All these are not palatable and they are not in sync with my person. But as Lagos is getting increasingly stressful, I will gradually leave it (not run from it) and as my contribution against the Igbo taking over Lagos, I will ONLY sell my shack there to any Yoruba man certified by the Oba of Lagos, who, by the way owes allegiance to Benin.
Now back to my colleague and his ‘them say’ allegation. I have not heard our people describing Lagos as a no-mans land. I was not there when Lagos became a national capital but I remember that when Abuja was made the national capital, it was officially declared a no man’s land because the aborigines were relocated and compensated. The issue of ‘who owns the land’ however crops up there anytime there is election.

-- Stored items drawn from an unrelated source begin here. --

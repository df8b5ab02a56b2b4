-- ===== src/Socket/Examples.antt =====
-- A socket of two buffers, on which one packet arrives, and the theorems there.
use mathlib.Core.Path.{subst}
use launch_core.Prelude.{
  ℕ, sym, ◌≤◌, ◌<◌, ◌≡◌, refl, true, false, Option, none, some, List, [], ◌∷◌, ◌++◌, arith,
  replicate, length-replicate, success, take, ltb, if◌then◌else◌,
}
use launch_core.Queue.Heap.{Ptr, Node, node, Heap, set_item, load, write, set_prev, set_next}
use launch_core.Queue.Simple.{queue, push_node, empty_queue}
use launch_core.Queue.Chain.{Cells}
use launch_core.Pool.{Descriptor, descriptor, pool, pool_loop}
use launch_core.AllocQueue
use launch_core.Packet
use launch_core.Packet.{Packet}
use launch_core.Packet.Invariant.{IsValid}
use launch_core.Udp.{Info}
use launch_core.Sched.{Sched, boot, max_num_tasks}
use launch_core.Sched.Moves.{IsSched}
use launch_core.Sched.Reach.{Boots, Booted, boot-IsSched}
use launch_core.Socket.{Stored, Socket, mtu, socket, receive, take_packet, wrong_address}
use launch_core.Socket.Inbox.{IsSocket, inbox, Takes, take_packet-inbox}
use launch_core.Socket.Fresh.{socket-IsSocket}
use launch_core.Socket.Deliver.{Knows, Delivers, Delivers-run, Delivered, receive-inbox}
use launch_core.Socket.Roundtrip.{nothing_left, Passed, take_packet-receive}

abbrev memory : Heap Ptr
memory a = some (node 0 0 0)

abbrev descs : ℕ → List Descriptor
descs n = replicate n (descriptor 0 true)

filled : (n : ℕ) → (a : Ptr) → 0 < a → a ≤ n → (o : Node Ptr) × (memory a ≡ some o)
filled n a lt le = (node 0 0 0, refl)

abbrev no_packet : Ptr → Stored
no_packet a = record { buff = replicate mtu 0; len = 0; ip = 0 ∷ 0 ∷ 0 ∷ 0 ∷ []; port = 0 }

socket-IsSocket_example :
    (s : Socket) × (socket 9 (descs 2) (descs 2) 2 memory memory memory no_packet ≡ some s)
    × IsSocket s 2 []
socket-IsSocket_example =
    socket-IsSocket 9 (descs 2) (descs 2) memory memory memory no_packet refl (omega arith)
      (filled 2) (filled 2) (filled 2) (λ d. length-replicate {A = ℕ} mtu 0)

abbrev empty_queue_of : AllocQueue.AllocQueue Ptr
empty_queue_of = record {
  list = queue 0 0 0;
  pool = record { self = 0; descs = []; free_desc = queue 0 0 0; free_nodes = queue 0 0 0 };
  heap = memory;
  nodes = memory;
}

abbrev zero_socket : Socket
zero_socket = record {
  self = 0;
  rx = empty_queue_of;
  pool = empty_queue_of.pool;
  nodes = memory;
  packets = no_packet;
  ip = [];
  port = 0;
  waiting = none;
}

abbrev made : Option Socket → Socket
made none = zero_socket
made (some s) = s

unfoldable s0 : Socket
unfolding socket AllocQueue.alloc_queue pool pool_loop set_item load push_node empty_queue set_prev
    write set_next
s0 = made (socket 9 (descs 2) (descs 2) 2 memory memory memory no_packet)

s0-IsSocket : IsSocket s0 2 []
unfolding s0
s0-IsSocket =
    let (s, e, i) = socket-IsSocket_example in subst (λ o. IsSocket (made o) 2 []) (sym e) i

abbrev Boots-get : (o : Option Sched) → Boots o Booted → (t : Sched) × IsSched t
Boots-get none b = absurd b
Boots-get (some t) b = (t, b.0.0)

abbrev booted : (t : Sched) × IsSched t
booted = Boots-get (boot 1 2 (descs max_num_tasks) memory memory memory memory) (
    boot-IsSched 1 2 (descs max_num_tasks) memory memory memory memory refl (filled 64) (filled 64)
      (filled 64) (filled 64))

abbrev p0 : Packet
p0 = record {
  buf = 9 ∷ 9 ∷ 9 ∷ 1 ∷ 2 ∷ 3 ∷ 9 ∷ [];
  size = 7;
  header_size = 3;
  wpos = 6;
  rpos = 3;
  hpos = 3;
}

p0-IsValid : IsValid p0
p0-IsValid = omega arith

abbrev info : Info
info = record {
  src_addr = 3232235777;
  dst_addr = 3232235778;
  src_port = 7;
  dst_port = 8;
  ignore_checksums = true;
}

small : Packet.available p0 ≤ mtu
unfolding Packet.available
small = omega arith

any_address : wrong_address s0 info ≡ false
unfolding wrong_address s0
any_address = refl

no_task : s0.waiting ≡ none
unfolding s0
no_task = refl

nobody : Knows s0.waiting booted.0
nobody = subst (λ w. Knows w booted.0) (sym no_task) tt

receive-inbox_example :
    Delivers (receive p0 info s0 booted.0) (Delivered s0 2 [] p0 info booted.0 booted.1)
receive-inbox_example =
    receive-inbox [] info s0-IsSocket (omega arith) booted.1 nobody p0-IsValid (omega arith) small
      any_address

take_packet-receive_example :
    Delivers
      (receive p0 info s0 booted.0)
      (λ _ s' _. Takes (take_packet 2 s') (λ r s''. Passed 2 p0 info r × IsSocket s'' 2 []))
take_packet-receive_example =
    take_packet-receive 2 info s0-IsSocket (omega arith) booted.1 nobody p0-IsValid (omega arith)
      small any_address

-- The socket with the packet on it.
delivered : (s : Socket) × (q : Ptr) × (d : Ptr) × IsSocket s 2 ([] ++ ((q, d) ∷ []))
delivered =
    let (_, s, _, _, (_, _, _, _, (q, d, ds, i, kept, _))) =
      Delivers-run (receive p0 info s0 booted.0) _ receive-inbox_example in
    (s, q, d, subst (λ cs. IsSocket s 2 ((q, d) ∷ cs)) (nothing_left s0 2 s ds kept) i)

abbrev s1 : Socket
s1 = delivered.0

abbrev cell : Cells Ptr
cell = (delivered.1, delivered.2) ∷ []

abbrev v1 : Stored
v1 = s1.packets delivered.2

take_packet-inbox_example : Takes (take_packet 2 s1) (λ r s'.
    ((r.ret ≡ success)
      × (r.out ≡ take (if ltb 2 v1.len then 2 else v1.len) v1.buff)
      × (r.len ≡ v1.len)
      × (r.from_ip ≡ v1.ip)
      × (r.from_port ≡ v1.port))
    × IsSocket s' 2 []
    × (inbox s1 cell ≡ inbox s' [] ++ (v1 ∷ [])))
take_packet-inbox_example = take_packet-inbox 2 [] delivered.1 delivered.2 delivered.3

The speech delivered by Jakande on 1/10/79, where he declared Lagos as a no man’s land is also in circulation for the past 2 weeks. I have lived in Lagos since 1994 and I am thus more Lagosion that some of these folks out there. I am not and I will contest who owns Lagos.
But I join in determining, through my 1 vote, who governs Lagos. I can even contest, if I am so minded However, I will NOT be involved in the installation of the Oba or in the celebration of the original or emergency oro festival
Meanwhile, I agree with Eccle8:11 that evil unchecked leads to more and greater evil. I also believe that it is counterproductive to glorify, condone, support, defend and overlook evil because what goes round comes round and when you throw a stone into a crowded market, you don’t know who would be affected.
Some Yorubas were prevented from voting because they looked so ‘Igbotic’. The shop and source of livelihood of an Igboman married to a Yoruba lady was razed and some Yorubas who had offices, workshops and other assets in Igbo dominated areas were also affected.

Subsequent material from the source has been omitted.